However, the first current pulse may also be generated under another method which is used in the preferred embodiment to generate the second current pulse. Under this method a first current signal, which steeply increases in amplitude over time, is applied. While applying the first current signal, current amplitude in the solenoid coil is sensed to obtain a sensed current amplitude signal. The sensed current amplitude signal is compared with a predetermined amplitude value to determine when the predetermined amplitude value is obtained. After the predetermined amplitude value is obtained, said first current signal and a second current signal, which gradually decreases in amplitude over time, are alternatively applied with a frequency such that a substantially constant current amplitude, equal to said predetermined amplitude value, is maintained for a predetermined duration. Finally, a third current signal, which steeply decreases over time, is applied until current amplitude is substantially zero.

To reduce eddy-current losses and enhance the durability and the precision of the imprinting system, this invention further provides an improved solenoid apparatus. The apparatus includes a plunger, a housing, a solenoid coil, a shaft, and an anvil also referred to as a hammer, at the end of the shaft for engaging the print elements. The housing has an opening extending therethrough for slidably mounting the shaft. The housing also has a guiding structure for slidably aligning the plunger over the plunger opening of the housing. A solenoid coil is secured within the housing and is wrapped about a central portion of the solenoid body. The shaft is attached to the plunger and the shaft extends through the cavity of the solenoid coil. An anvil is attached to the shaft such that when a current is applied through the solenoid coil a resultant magnetic force is generated within the cavity such that the plunger, the shaft and the anvil are actuated in a direction along a center axis of the cavity.

The housing means includes a first stack of laminations where laminations within the first stack are secured to adjacent laminations. The housing further includes a second stack of laminations where laminations within said second stack are secured to adjacent laminations. A center block is secured between said first and second stacks.

This invention also provides a novel method for assembling solenoid housing. The method comprises stacking a first stack of laminations; securing the first stack so that laminations within the first stack are held in alignment; stacking a second stack of laminations; securing the second stack so that laminations within the second stack are held in alignment; and securing a center block between the first and second stacks.

An alternative method for assembling the solenoid housing may also be used. This alternative method includes stacking a first stack of laminations; stacking a second stack of laminations; stacking a center block between the first and second stacks; and simultaneously exposing the first stack, the second stack and the center block to an adhesive so as to maintain the first stack, the second stack and the center block in alignment.

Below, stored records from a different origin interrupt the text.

-- ===== src/Http/Headers.antt =====
-- `http.Header`: a map from names to lists of values, as an association list whose names are
-- distinct. The methods are called with canonical names only, which they leave as they are.
use locaccel.Prelude.{
  String, List, [], ◌∷◌, Option, none, some, Bool, true, false, ◌≡◌, refl, arith, ◌==◌, eq_iff,
  if◌then◌else◌,
}

abbrev pub Header : Type 0
Header = List (String × List String)

-- `v, ok := h[name]`
unfoldable pub find : Header → String → Option (List String)
find [] name = none
find ((key, vs) ∷ h) name = if key == name then some vs else find h name

-- `h[name]`, where no value and a missing name read alike
unfoldable pub values : Header → String → List String
unfolding find
values h name = elim (find h name) [ none ↦ [] | some vs ↦ vs ]

-- `_, ok := h[name]`
unfoldable pub has : Header → String → Bool
unfolding find
has h name = elim (find h name) [ none ↦ false | some vs ↦ true ]

abbrev pub first_of_values : List String → String
first_of_values [] = ""
first_of_values (v ∷ vs) = v

-- `h.Get(name)`
unfoldable pub get : Header → String → String
unfolding values
get h name = first_of_values (values h name)

-- `h[name] = vs`
unfoldable pub put : Header → String → List String → Header
put [] name vs = (name, vs) ∷ []
put ((key, ws) ∷ h) name vs =
    let rest = put h name vs in if key == name then (name, vs) ∷ h else (key, ws) ∷ rest

-- `h.Set(name, v)`
abbrev pub set : Header → String → String → Header
set h name v = put h name (v ∷ [])

-- `h.Del(name)`
unfoldable pub del : Header → String → Header
del [] name = []
del ((key, vs) ∷ h) name = let rest = del h name in if key == name then rest else (key, vs) ∷ rest

pub find-put :
    (h : Header) (name : String) (vs : List String) (other : String)
    → find (put h name vs) other ≡ (if name == other then some vs else find h other)
unfolding find put
find-put [] name vs other = refl
find-put ((key, ws) ∷ h) name vs other =
    ground (arith, eq_iff key name, eq_iff name other, eq_iff key other, find-put h name vs other)

pub find-del :
    (h : Header) (name other : String)
    → find (del h name) other ≡ (if name == other then none else find h other)
unfolding find del
find-del [] name other = ground arith
find-del ((key, ws) ∷ h) name other =
    ground (arith, eq_iff key name, eq_iff name other, eq_iff key other, find-del h name other)

pub ruleset header_laws = (find-put, find-del)
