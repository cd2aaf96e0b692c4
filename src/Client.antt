-- ===== src/Client.antt =====
-- internal/httpclient/client.go and types.go: the caching HTTP client. This file has its data, what it
-- takes from outside, and its actions; each part of the client is a child.
pub mod Select
pub mod Conditional
pub mod Forward
pub mod Revalidate
pub mod Ingest
pub mod Request
use locaccel.Prelude.{
  ℕ, ◌+◌, String, List, [], ◌∷◌, ◌++◌, Option, none, some, Bool, true, false, length,
}
use locaccel.Prelude.Panic.{Run, returns, panics}
use locaccel.Prelude.Text.{◌<+>◌}
use locaccel.Http.{Time, HttpDates}
use locaccel.Http.Headers.{Header}
use locaccel.Database.{Badger, Codec, Entry}

pub record CachedResponse : Type 0 where
  pub content_hash : String
  pub status_code : ℕ
  pub headers : Header
  pub vary_headers : Header
  pub time_at_response_creation : Time

abbrev pub CachedResponses : Type 0
CachedResponses = List CachedResponse

-- The parts of a `url.URL` that are rewritten, and all else of it.
pub record Url : Type 0 where
  pub scheme : String
  pub host : String
  pub path : String
  pub rest : String

-- `proxy` is the value that the request's context carries for the transport.
pub record HttpRequest : Type 0 where
  pub method : String
  pub host : String
  pub url : Url
  pub header : Header
  pub proxy : Option Url

-- A body is known by where it is read from: the answer to the n-th request, or a file of the cache.
pub data Body : Type 0 where
  upstream_body : ℕ → Body
  file_body : String → Body

pub record Response : Type 0 where
  pub status_code : ℕ
  pub header : Header
  pub body : Body

pub record UpstreamCache : Type 0 where
  pub uris : List Url
  pub proxy : Bool

-- What came of the n-th request: the clock around it and behind it, and the answer or an error.
pub record Exchange : Type 0 where
  pub sent_at : Time
  pub received_at : Time
  pub checked_at : Time
  pub answer : Option (ℕ × Header)

-- What the client is given, and what is outside of it. `upstream` is indexed by the number of
-- requests that were sent before; so are the clock and the files, since both change meanwhile.
pub record Env : Type 1 where
  pub dates : HttpDates
  pub badger : Badger
  pub codec : Codec CachedResponses badger.Bytes
  pub url_string : Url → String
  pub is_private : Bool
  pub upstream : ℕ → HttpRequest → Exchange
  pub now : ℕ → Time
  pub has_file : ℕ → String → Bool

-- What `Do` changes: the database, the requests that went out, and the states it notified.
pub record World (Db : Type 0) : Type 0 where
  pub db : Db
  pub sent : List HttpRequest
  pub notified : List String

-- An action that may panic. What was written before a panic stays written.
abbrev pub Action : Type 0 → Type 0 → Type 0
Action Db A = World Db → Run A × World Db

module _ {Db A : Type 0} where
  abbrev pub pure : A → Action Db A
  pure a w = (returns a, w)

  abbrev pub panic : Action Db A
  panic w = (panics, w)

  abbrev pub lift : Run A → Action Db A
  lift r w = (r, w)

  abbrev pub gets : (World Db → A) → Action Db A
  gets f w = (returns (f w), w)

abbrev pub modify : {Db : Type 0} → (World Db → World Db) → Action Db (Unit {0})
modify f w = (returns tt, f w)

-- `c.notify(req, status)`
abbrev pub notify : {Db : Type 0} → String → Action Db (Unit {0})
notify status = modify (λ w. record w { notified = w.notified ++ status ∷ [] })

module _ {Db A B : Type 0} where
  abbrev continue : Run A → (A → Action Db B) → Action Db B
  continue (returns a) f w = f a w
  continue panics f w = (panics, w)

  infixl 5 ◌>>=◌ ◌>>◌
  abbrev pub ◌>>=◌ : Action Db A → (A → Action Db B) → Action Db B
  ◌>>=◌ m f w = let (r, w') = m w in continue r f w'

  abbrev pub ◌>>◌ : Action Db A → Action Db B → Action Db B
  m >> k = m >>= λ _. k

unfoldable pub build_key : (Url → String) → HttpRequest → String
build_key url_string req = req.method <+> "+" <+> url_string req.url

These and various other advantages and features of novelty which characterize the invention are pointed out with particularity in the claims annexed hereto and forming a part hereof. However, for a better understanding of the invention, its advantages and objects obtained by its use, reference should be made to the drawings which form a further part hereof, and to the accompanying descriptive matter, in which there is illustrated and described a preferred embodiment of the invention.

BRIEF DESCRIPTION OF DRAWINGS

FIG. 1 is a block diagram representing the main elements of an embodiment of solenoid control circuitry used in accordance with the principles of the present invention to drive a solenoid used in an impact printer device.

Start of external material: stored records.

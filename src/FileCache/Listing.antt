-- ===== src/FileCache/Listing.antt =====
-- The walks over the directories of the cache.
use locaccel.Prelude.{
  ℕ, ◌+◌, String, List, [], ◌∷◌, ◌++◌, Option, none, some, Bool, true, false, length, ◌==◌, eqb,
  if◌then◌else◌,
}
use locaccel.Prelude.Text.{◌<+>◌}

-- What a directory entry and its `Info` show of a file: its name, its modification time in seconds,
-- and its size. Sizes are not negative, and their sum is taken to fit an int64.
pub record File : Type 0 where
  pub name : String
  pub mod_time : ℕ
  pub size : ℕ

-- A directory under the root: its listing is none where `os.ReadDir` fails, and an entry is the name
-- alone where `Info` fails.
pub data DirEntry : Type 0 where
  file : File → DirEntry
  unreadable : String → DirEntry

pub record Dir : Type 0 where
  pub name : String
  pub entries : Option (List DirEntry)

abbrev pub name_of : DirEntry → String
name_of (file f) = f.name
name_of (unreadable name) = name

abbrev pub tmp_dir_name : String
tmp_dir_name = "_tmp"

-- `path.Join` of clean parts
abbrev pub join_path : String → String → String
join_path a b = a <+> "/" <+> b

-- The map from a timestamp to the files that have it, in the order in which they were met.
abbrev pub Timestamps : Type 0
Timestamps = List (ℕ × List String)

unfoldable pub add_file : Timestamps → ℕ → String → Timestamps
add_file [] t path = (t, path ∷ []) ∷ []
add_file ((u, paths) ∷ m) t path =
    let rest = add_file m t path in
    if eqb u t then (u, paths ++ path ∷ []) ∷ m else (u, paths) ∷ rest

pub record Found : Type 0 where
  pub total_size : ℕ
  pub files : Timestamps

-- the inner loop of `getFilesAndTimestamps`
unfoldable pub scan_entries : String → List DirEntry → Found → Option Found
scan_entries full_path [] acc = some acc
scan_entries full_path (unreadable name ∷ entries) acc = none
scan_entries full_path (file f ∷ entries) acc = scan_entries full_path entries (record {
  total_size = acc.total_size + f.size;
  files = add_file acc.files f.mod_time (join_path full_path f.name);
})

abbrev pub then_scan : Option Found → (Found → Option Found) → Option Found
then_scan none k = none
then_scan (some acc) k = k acc

abbrev pub scan_dir : String → Dir → Found → Option Found
scan_dir root dir acc = if dir.name == tmp_dir_name then some acc else elim dir.entries [
  | none ↦ none
  | some entries ↦ scan_entries (join_path root dir.name) entries acc
]

unfoldable pub scan_dirs : String → List Dir → Found → Option Found
unfolding scan_entries
scan_dirs root [] acc = some acc
scan_dirs root (dir ∷ dirs) acc =
    then_scan (scan_dir root dir acc) (λ acc'. scan_dirs root dirs acc')

-- The root's listing is none where reading it fails.
unfoldable pub get_files_and_timestamps : String → Option (List Dir) → Option Found
unfolding scan_dirs
get_files_and_timestamps root none = none
get_files_and_timestamps root (some dirs) =
    scan_dirs root dirs (record { total_size = 0; files = [] })

abbrev hashes_in : String → List DirEntry → List String
hashes_in dir [] = []
hashes_in dir (e ∷ entries) = (dir <+> name_of e) ∷ hashes_in dir entries

unfoldable pub hashes_of_dirs : List Dir → List String → Option (List String)
hashes_of_dirs [] acc = some acc
hashes_of_dirs (dir ∷ dirs) acc =
    let skip = hashes_of_dirs dirs acc in
    let more = λ (es : List DirEntry). hashes_of_dirs dirs (acc ++ hashes_in dir.name es) in
    if dir.name == tmp_dir_name
    then skip
    else elim dir.entries [ none ↦ none | some entries ↦ more entries ]

unfoldable pub get_all_hashes : Option (List Dir) → Option (List String)
unfolding hashes_of_dirs
get_all_hashes none = none
get_all_hashes (some dirs) = hashes_of_dirs dirs []

-- The results of `GetStatistics`; what was counted before an error is returned with it.
pub record Statistics : Type 0 where
  pub count : ℕ
  pub total_size : ℕ
  pub ok : Bool

abbrev sizes : List DirEntry → Statistics → Statistics
sizes [] s = s
sizes (unreadable name ∷ entries) s = record s { ok = false }
sizes (file f ∷ entries) s = sizes entries (record s { total_size = s.total_size + f.size })

abbrev dir_statistics : Option (List DirEntry) → Statistics → Statistics
dir_statistics none s = record s { ok = false }
dir_statistics (some entries) s = sizes entries (record s { count = s.count + length entries })

unfoldable pub statistics_of_dirs : List Dir → Statistics → Statistics
statistics_of_dirs [] s = s
statistics_of_dirs (dir ∷ dirs) s =
    let next = if dir.name == tmp_dir_name then s else dir_statistics dir.entries s in
    let rest = statistics_of_dirs dirs next in if next.ok then rest else next

unfoldable pub get_statistics : Option (List Dir) → Statistics
unfolding statistics_of_dirs
get_statistics none = record { count = 0; total_size = 0; ok = false }
get_statistics (some dirs) =
    statistics_of_dirs dirs (record { count = 0; total_size = 0; ok = true })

FIG. 2 is a more detailed block diagram representing the main elements of the solenoid control circuitry shown in FIG. 1 and further breaks down and shows the main elements of the current pulse control as shown in FIG. 1.

FIG. 3 a schematic electrical diagram representing the current pulse generator and the current monitor of FIG. 1 as interfaced with the current pulse control and the solenoid.

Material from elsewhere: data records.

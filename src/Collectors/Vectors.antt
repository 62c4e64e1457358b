-- ===== src/Collectors/Vectors.antt =====
-- The vectors of the collectors keep series with one label value for each of their labels:
-- ceph/pool.go and osd.go.
use ceph_exporter.Base.{
  ℕ, String, ◌≡◌, refl, sym, ap, ◌∙◌, true, Option, none, some, List, [], ◌∷◌, ◌++◌, map, all,
  all-append, both, leb, if◌then◌else◌, Bool-cases, inl, inr, length, arith, ◌==◌, ==_iff, ℤ,
}
use mathlib.Core.Option.{some-injective}
use mathlib.Core.Path.{subst}
use ceph_exporter.Float.{Float64, of_count}
use ceph_exporter.Conn.{Conn}
use ceph_exporter.Prometheus.{Metric, GaugeVecs, Desc, gauge, metrics_of}
use ceph_exporter.Prometheus.WellFormed.{
  is_well_formed, are_well_formed, Fits, new-Fits, reset-Fits, set-Fits, metrics_of-Fits,
}
use ceph_exporter.Exporter.Interleaving.{concat}
use ceph_exporter.PoolInfo
use ceph_exporter.PoolInfo.{PoolGauge}
use ceph_exporter.PoolInfo.Rules.{get_crush_rule_to_root_mappings}
use ceph_exporter.Osd.Writes.{OsdGauge, Write, apply, apply_all, same}
use ceph_exporter.Osd.Writes as Writes
use ceph_exporter.Osd.Collector as Osd
use ceph_exporter.Osd.Collector.Owners.{is_fitting}

module _ (fl : Float64) (gv : GaugeVecs fl.Value) where
  open fl use {Value}

  pub and_vec :
      (d : Desc) (v : gv.Vec) (ms : List (Metric Value))
      → are_well_formed ms ≡ true
      → Fits gv (length d.labels) v
      → are_well_formed (ms ++ metrics_of gv d gauge v) ≡ true
  and_vec d v ms k h =
      all-append is_well_formed ms (metrics_of gv d gauge v) k (metrics_of-Fits gv d gauge v h)

  -- What vectors that fit send, one after the other.
  pub concat-are_well_formed :
      {G : Type 0} (desc : G → Desc) (vecs : G → gv.Vec) (gs : List G)
      → ((g : G) → Fits gv (length (desc g).labels) (vecs g))
      → are_well_formed (concat (map (λ g. metrics_of gv (desc g) gauge (vecs g)) gs)) ≡ true
  concat-are_well_formed desc vecs [] h = refl
  concat-are_well_formed desc vecs (g ∷ gs) h =
      all-append is_well_formed (metrics_of gv (desc g) gauge (vecs g)) _
        (metrics_of-Fits gv (desc g) gauge (vecs g) (h g)) (concat-are_well_formed desc vecs gs h)

  abbrev pub PoolsFit : PoolInfo.Vecs fl gv → Type 0
  PoolsFit vecs = (g : PoolGauge) → Fits gv (length (PoolInfo.desc g).labels) (vecs g)

  three_labels : (g : PoolGauge) → length (PoolInfo.desc g).labels ≡ 3
  three_labels g = ground arith

  set_pools-PoolsFit :
      (conn : Conn) (roots : List (ℤ × String)) (ps : List (PoolInfo.PoolInfo fl))
      (vecs : PoolInfo.Vecs fl gv)
      → PoolsFit vecs
      → PoolsFit (PoolInfo.set_pools fl gv conn roots vecs ps)
  unfolding PoolInfo.set_pools PoolInfo.set_pool PoolInfo.label_values
  set_pools-PoolsFit conn roots [] vecs h = h
  set_pools-PoolsFit conn roots (p ∷ ps) vecs h =
      set_pools-PoolsFit conn roots ps (PoolInfo.set_pool fl gv conn roots vecs p)
        (λ g. set-Fits gv _ (vecs g) _ _ (sym (three_labels g)) (h g))

  pub collect-PoolsFit :
      (conn : Conn) (vecs vecs' : PoolInfo.Vecs fl gv)
      → PoolInfo.collect fl gv conn vecs ≡ some vecs'
      → PoolsFit vecs'
  unfolding PoolInfo.collect PoolInfo.refresh
  collect-PoolsFit conn vecs vecs' h = go (PoolInfo.pools_reply fl conn) h
    where
      go :
          (o : Option (List (PoolInfo.PoolInfo fl)))
          → PoolInfo.refresh fl gv conn vecs o ≡ some vecs'
          → PoolsFit vecs'
      go none h = cc
      go (some ps) h = subst PoolsFit (some-injective _ _ h) (
          set_pools-PoolsFit conn (get_crush_rule_to_root_mappings conn) ps (λ g. gv.reset (vecs g))
            (λ g. reset-Fits gv _ (vecs g)))

  abbrev pub OsdsFit : Writes.Vecs fl gv → Type 0
  OsdsFit vecs = (g : OsdGauge) → Fits gv (length (Writes.desc g).labels) (vecs g)

  -- The number of the labels of a gauge.
  abbrev label_count : ℕ → ℕ
  label_count i =
      if leb i 8
      then 5
      else if leb i 13
      then 0
      else if leb i 17
      then 5
      else if i == 18
      then 4
      else if leb i 21
      then 0
      else if leb i 24
      then 5
      else if i == 25
      then 6
      else 0

  label_count_lem : (g : OsdGauge) → length (Writes.desc g).labels ≡ label_count (Writes.index g)
  label_count_lem g = ground arith

  same-label_count :
      (g h : OsdGauge)
      → same g h ≡ true
      → length (Writes.desc g).labels ≡ length (Writes.desc h).labels
  unfolding same
  same-label_count g h e =
      label_count_lem g
      ∙ ap label_count ((==_iff (Writes.index g) (Writes.index h)).0 e)
      ∙ sym (label_count_lem h)

  pub apply-OsdsFit :
      (w : Write Value) (vecs : Writes.Vecs fl gv)
      → is_fitting w ≡ true
      → OsdsFit vecs
      → OsdsFit (apply fl gv w vecs)
  unfolding apply is_fitting
  apply-OsdsFit w vecs e h g = elim (Bool-cases (same w.gauge g)) [
    | inl q ↦ rw q (
        set-Fits gv _ (vecs g) w.labels w.value
          ((==_iff (length w.labels) (length (Writes.desc w.gauge).labels)).0 e
            ∙ same-label_count w.gauge g q)
          (h g))
    | inr q ↦ rw q (h g)
  ]

  pub apply_all-OsdsFit :
      (ws : List (Write Value)) (vecs : Writes.Vecs fl gv)
      → all is_fitting ws ≡ true
      → OsdsFit vecs
      → OsdsFit (apply_all fl gv ws vecs)
  unfolding apply_all
  apply_all-OsdsFit [] vecs e h = h
  apply_all-OsdsFit (w ∷ ws) vecs e h =
      let (e1, e2) = both (is_fitting w) (all is_fitting ws) e in
      apply_all-OsdsFit ws (apply fl gv w vecs) e2 (apply-OsdsFit w vecs e1 h)

  pub reset_all-OsdsFit :
      (vecs : Writes.Vecs fl gv) → OsdsFit vecs → OsdsFit (Osd.reset_all fl gv vecs)
  unfolding Osd.reset_all
  reset_all-OsdsFit vecs h g = elim (Bool-cases (Osd.is_reset g)) [
    | inl q ↦ rw q (reset-Fits gv _ (vecs g))
    | inr q ↦ rw q (h g)
  ]

  pub new-OsdsFit : OsdsFit (Osd.new_osd_collector fl gv).vecs
  new-OsdsFit g = go (Writes.desc g).labels
    where
      go : (labels : List String) → Fits gv (length labels) (Osd.initial fl gv labels)
      go [] = set-Fits gv 0 gv.new [] (of_count fl 0) refl (new-Fits gv 0)
      go (label ∷ labels) = new-Fits gv (length (label ∷ labels))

FIG. 4 is a timing diagram illustrating the operation of the solenoid control circuitry.

FIG. 5 a block diagram representing an embodiment of solenoid control circuitry used to drive a two-solenoid impact imprinting printer.

FIG. 6 is a block diagram representing the current pulse generators of the solenoid control circuitry shown in FIG. 5.

FIG. 7 is a top plan view showing the main elements of an embodiment of solenoid structure used to drive an impact imprinter.

FIG. 8 is an exploded assembly of the solenoid structure shown in FIG. 7.

FIG. 9 is a front plan view showing the main nonmoving elements of an embodiment of the solenoid structure shown in FIG. 7.

FIG. 10 is a bottom plan view of the solenoid structure shown in FIG. 9.

FIG. 11 is a top plan diagrammatic view of an alternate embodiment of a solenoid structure.

FIG. 12 is a top plan diagrammatic view of yet another alternative embodiment of a solenoid structure.

DETAILED DESCRIPTION OF PREFERRED EMBODIMENTS

A. Apparatus for Driving and Controlling Solenoid Impact Imprinter

The block diagrams of FIGS. 1 and 2 show the main elements of the solenoid control circuitry 28 that operates and empowers solenoid 56. The control circuitry 28 does this by controlling the current in the solenoid coil 55 per instructions from the current pulse control 10, and more specifically the main control 11. Under the present method, the current pulse control 10 transmits control signals Q1 and Q2 as shown in FIG. 4. In response to control signals Q1 and Q2, the current pulse generator 40 applies a current to the solenoid coil 55 in the form of first and second current pulses 4 and 5 as shown in FIG. 4. The first current pulse 4 is intended to bring the print element 64a (See FIG. 7, 64a is commonly known as the punch and 64b is commonly known as the die; in a two-solenoid impact imprinting printer, print element 64b would also be actuated in a similar fashion as 64a) into contact with the material to be imprinted. The second pulse 5 is intended to provide the embossing force to the solenoid coil 55. A 300-volt DC power supply 30 supplies the power to the current pulse generator 40. All the DC power is developed from an AC line power either directly or through a transformer, and then is rectified and stored in capacitors. The current monitor 48 senses the current amplitude in the solenoid coil 55 and transmits a sensed amplitude signal 21 to the current pulse control 10, and more specifically to the amplitude control 20. The current pulse control 10 uses the sensed amplitude signal 21 to control the amplitude and timing of the first and second current pulses 4, 5.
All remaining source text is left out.